We (mostly Jakub, to be accurate) are working to increase review
coverage over the net code-base tweaking the MAINTAINER entries.
Current release - regressions:
- core: harmonize tstats and dstats
- ipv6: fix dst refleaks in rpl, seg6 and ioam6 lwtunnels
- eth: tun: revert fix group permission check
- eth: stmmac: revert "specify hardware capability value when FIFO
size isn't specified"
Previous releases - regressions:
- udp: gso: do not drop small packets when PMTU reduces
- rxrpc: fix race in call state changing vs recvmsg()

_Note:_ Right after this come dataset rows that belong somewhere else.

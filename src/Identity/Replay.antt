-- ===== src/Identity/Replay.antt =====
-- Authenticator codes are used once.
use nexa_panel.Prelude.{
  ℕ, ◌≤◌, ◌<◌, ◌≡◌, ◌⊎◌, inl, inr, refl, sym, ◌∙◌, true, false, Option, none, some, List, [], ◌∷◌,
  map, Text, text_eq, text_eq_sound, text_eq_refl, arith, any, All, Bool-cases,
}
use nexa_panel.Identity.Model.{UserModel, Db, Principal}
use nexa_panel.Identity.Factor.{
  change_user, affected, update_user, changes_one, mark_session, below, at_step, commit_totp, holds,
  left_with, commit_recovery, verify_recovery,
}
use nexa_panel.Identity.Consumption.{Consumption, totp, recovery, consume, or_same, accepted_steps}

abbrev pub StrictlyAbove : ℕ → List ℕ → Type 0
StrictlyAbove low [] = Unit
StrictlyAbove low (step ∷ steps) = (low < step) × StrictlyAbove step steps

-- No row of the account has accepted less.
abbrev Reached : Text → ℕ → UserModel → Type 0
Reached id low user = (text_eq user.id id ≡ false) ⊎ (low ≤ user.totp_last_step)

changed-Reached :
    (id pid : Text) (low step : ℕ) (user : UserModel)
    → Reached id low user
    → Reached id low (change_user pid (below step) (at_step step) user)
changed-Reached id pid low step user (inl other) = ground arith
changed-Reached id pid low step user (inr le) = ground arith

spent-Reached :
    (id pid : Text) (low : ℕ) (old left : List Text) (user : UserModel)
    → Reached id low user
    → Reached id low (change_user pid (holds old) (left_with left) user)
spent-Reached id pid low old left user (inl other) = ground arith
spent-Reached id pid low old left user (inr le) = ground arith

-- A row of the account that the transaction updated is at its step now.
stepped-Reached :
    (id pid : Text) (low step : ℕ) (user : UserModel)
    → text_eq pid id ≡ true
    → Reached id low user
    → Reached id step (change_user pid (below step) (at_step step) user)
stepped-Reached id pid low step user same r = elim (Bool-cases (text_eq user.id id)) [
  | inr other ↦ inl (ground arith)
  | inl mine ↦
      ground (arith, text_eq_sound pid id same, text_eq_sound user.id id mine, text_eq_refl id)
]

module _ (id : Text) where
  AllReached-map :
      (low low' : ℕ) (f : UserModel → UserModel)
      → ((user : UserModel) → Reached id low user → Reached id low' (f user))
      → (users : List UserModel) → All (Reached id low) users
      → All (Reached id low') (map f users)
  AllReached-map low low' f k [] all = tt
  AllReached-map low low' f k (u ∷ users) (r, rs) = (k u r, AllReached-map low low' f k users rs)

  -- A step that is accepted is past every one that was accepted before.
  step_past :
      (pid : Text) (low step : ℕ) (users : List UserModel)
      → text_eq pid id ≡ true
      → All (Reached id low) users
      → any (affected pid (below step)) users ≡ true
      → low < step
  step_past pid low step [] same all e = cc
  step_past pid low step (u ∷ users) same (r, rs) e =
      elim (Bool-cases (affected pid (below step) u)) [
        | inr no_row ↦ step_past pid low step users same rs (sym (rw no_row refl) ∙ e)
        | inl row ↦ past_row r row
      ]
    where
      past_row : Reached id low u → affected pid (below step) u ≡ true → low < step
      past_row (inr le) row = ground arith
      past_row (inl other) row =
          absurd (ground (arith, text_eq_sound u.id pid (ground arith), text_eq_sound pid id same))

  abbrev HasReached : ℕ → Db → Type 0
  HasReached low db = All (Reached id low) db.users

  -- A recovery code leaves the steps alone.
  recovery-HasReached :
      (low : ℕ) (person : Principal) (now : ℕ) (user : Option UserModel) (left : Option (List Text))
      (db : Db)
      → HasReached low db
      → HasReached low (or_same db (commit_recovery person now user left db))
  unfolding commit_recovery
  recovery-HasReached low person now none left db all = all
  recovery-HasReached low person now (some user) none db all = all
  recovery-HasReached low person now (some user) (some left) db all =
      elim (Bool-cases (changes_one person.id (holds user.recovery_code_hashes) db)) [
        | inl one ↦ rw one (
            AllReached-map low low _ (spent-Reached id person.id low user.recovery_code_hashes left)
              db.users all)
        | inr no_row ↦ rw no_row all
      ]

  -- Whatever codes of whatever accounts are consumed in whatever order, by requests that may have checked
  -- them against older rows, as long as no factor is replaced: the steps that are accepted for one account
  -- strictly ascend from what its rows had accepted, so no authenticator code is accepted twice.
  pub accepted_steps-StrictlyAbove :
      (low : ℕ) (cs : List Consumption) (db : Db)
      → HasReached low db
      → StrictlyAbove low (accepted_steps id cs db)
  unfolding accepted_steps consume verify_recovery commit_totp
  accepted_steps-StrictlyAbove low [] db all = tt
  accepted_steps-StrictlyAbove low (recovery person wanted now ∷ cs) db all =
      accepted_steps-StrictlyAbove low cs _ (recovery-HasReached low person now _ _ db all)
  accepted_steps-StrictlyAbove low (totp person step now ∷ cs) db all =
      let taken : Db =
        mark_session person.session_id (some now)
          (update_user person.id (below step) (at_step step) db) in
      elim (Bool-cases (changes_one person.id (below step) db)) [
        | inr no_row ↦ rw no_row (accepted_steps-StrictlyAbove low cs db all)
        | inl one ↦ elim (Bool-cases (text_eq person.id id)) [
          | inl mine ↦
              rw (one, mine)
                (
                  step_past person.id low step db.users mine all one,
                  accepted_steps-StrictlyAbove step cs taken (
                      AllReached-map low step _ (λ u. stepped-Reached id person.id low step u mine)
                        db.users all),
                )
          | inr other ↦
              rw (one, other)
                (accepted_steps-StrictlyAbove low cs taken (
                  AllReached-map low low _ (λ u. changed-Reached id person.id low step u) db.users
                    all))
        ]
      ]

- eth: ice: fix Rx data path for heavy 9k MTU traffic
- eth: vmxnet3: fix tx queue race condition with XDP
Previous releases - always broken:
- sched: pfifo_tail_enqueue: drop new packet when sch->limit == 0
- ethtool: ntuple: fix rss + ring_cookie check
- rxrpc: fix the rxrpc_connection attend queue handling
Misc:
- recognize Kuniyuki Iwashima as a maintainer"
* tag 'net-6.14-rc2' of git://git.kernel.org/pub/scm/linux/kernel/git/netdev/net: (34 commits)
Revert "net: stmmac: Specify hardware capability value when FIFO size isn't specified"
MAINTAINERS: add a sample ethtool section entry
MAINTAINERS: add entry for ethtool
rxrpc: Fix race in call state changing vs recvmsg()
rxrpc: Fix call state set to not include the SERVER_SECURING state
net: sched: Fix truncation of offloaded action statistics
tun: revert fix group permission check
selftests/tc-testing: Add a test case for qdisc_tree_reduce_backlog()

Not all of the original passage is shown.